Exercise prompt =
The response must be made up of the lines in the entries below that contain "value".

Recorded data =
-*-*-
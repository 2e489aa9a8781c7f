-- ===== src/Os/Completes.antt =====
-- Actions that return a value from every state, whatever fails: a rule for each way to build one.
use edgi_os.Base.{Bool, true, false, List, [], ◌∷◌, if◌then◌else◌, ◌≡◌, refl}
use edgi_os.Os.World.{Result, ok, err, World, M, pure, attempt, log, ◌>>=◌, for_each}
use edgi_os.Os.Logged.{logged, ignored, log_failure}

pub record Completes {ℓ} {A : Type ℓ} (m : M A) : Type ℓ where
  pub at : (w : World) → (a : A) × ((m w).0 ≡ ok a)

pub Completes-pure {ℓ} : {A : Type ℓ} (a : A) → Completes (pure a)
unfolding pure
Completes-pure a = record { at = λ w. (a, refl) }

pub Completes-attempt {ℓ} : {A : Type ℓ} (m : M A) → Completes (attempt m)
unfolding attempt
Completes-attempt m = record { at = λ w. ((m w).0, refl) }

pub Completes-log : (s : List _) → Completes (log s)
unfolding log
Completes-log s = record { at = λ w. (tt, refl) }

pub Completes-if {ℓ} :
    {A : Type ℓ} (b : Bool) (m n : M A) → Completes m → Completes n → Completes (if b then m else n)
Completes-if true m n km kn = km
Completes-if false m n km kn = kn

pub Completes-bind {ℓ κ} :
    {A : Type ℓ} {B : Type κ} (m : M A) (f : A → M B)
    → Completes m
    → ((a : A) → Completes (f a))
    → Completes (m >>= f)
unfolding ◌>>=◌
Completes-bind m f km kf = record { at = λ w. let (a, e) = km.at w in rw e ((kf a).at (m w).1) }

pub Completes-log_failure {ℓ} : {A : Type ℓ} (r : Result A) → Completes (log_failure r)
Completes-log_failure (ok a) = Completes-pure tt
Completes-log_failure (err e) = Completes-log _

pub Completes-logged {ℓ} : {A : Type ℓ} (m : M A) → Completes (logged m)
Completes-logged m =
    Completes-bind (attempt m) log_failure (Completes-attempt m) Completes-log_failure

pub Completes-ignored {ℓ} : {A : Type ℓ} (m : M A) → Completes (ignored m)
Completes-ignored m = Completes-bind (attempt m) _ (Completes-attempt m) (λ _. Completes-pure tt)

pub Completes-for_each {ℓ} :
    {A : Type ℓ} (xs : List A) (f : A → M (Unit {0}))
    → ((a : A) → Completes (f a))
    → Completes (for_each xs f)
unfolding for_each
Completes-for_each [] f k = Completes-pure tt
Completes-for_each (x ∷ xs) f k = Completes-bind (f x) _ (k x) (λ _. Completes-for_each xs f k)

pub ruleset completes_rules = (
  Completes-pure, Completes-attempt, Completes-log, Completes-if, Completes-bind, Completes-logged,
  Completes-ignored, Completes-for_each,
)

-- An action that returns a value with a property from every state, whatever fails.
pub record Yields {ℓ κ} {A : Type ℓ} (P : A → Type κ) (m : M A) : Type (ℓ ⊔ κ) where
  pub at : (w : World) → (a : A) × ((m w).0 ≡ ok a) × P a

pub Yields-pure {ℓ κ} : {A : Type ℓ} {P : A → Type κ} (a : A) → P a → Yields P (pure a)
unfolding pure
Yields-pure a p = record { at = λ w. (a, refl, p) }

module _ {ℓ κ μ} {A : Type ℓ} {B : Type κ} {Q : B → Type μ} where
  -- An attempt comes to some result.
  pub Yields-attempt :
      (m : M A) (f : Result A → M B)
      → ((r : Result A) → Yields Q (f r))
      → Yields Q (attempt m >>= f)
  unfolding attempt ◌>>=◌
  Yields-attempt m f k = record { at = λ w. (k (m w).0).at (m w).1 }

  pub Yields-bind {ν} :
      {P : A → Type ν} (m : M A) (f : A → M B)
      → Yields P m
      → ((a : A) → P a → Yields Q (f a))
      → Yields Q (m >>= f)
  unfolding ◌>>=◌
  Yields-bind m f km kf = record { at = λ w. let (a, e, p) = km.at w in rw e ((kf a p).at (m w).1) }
-*-*-
Result =
-- Actions that return a value from every state, whatever fails: a rule for each way to build one.
-- An action that returns a value with a property from every state, whatever fails.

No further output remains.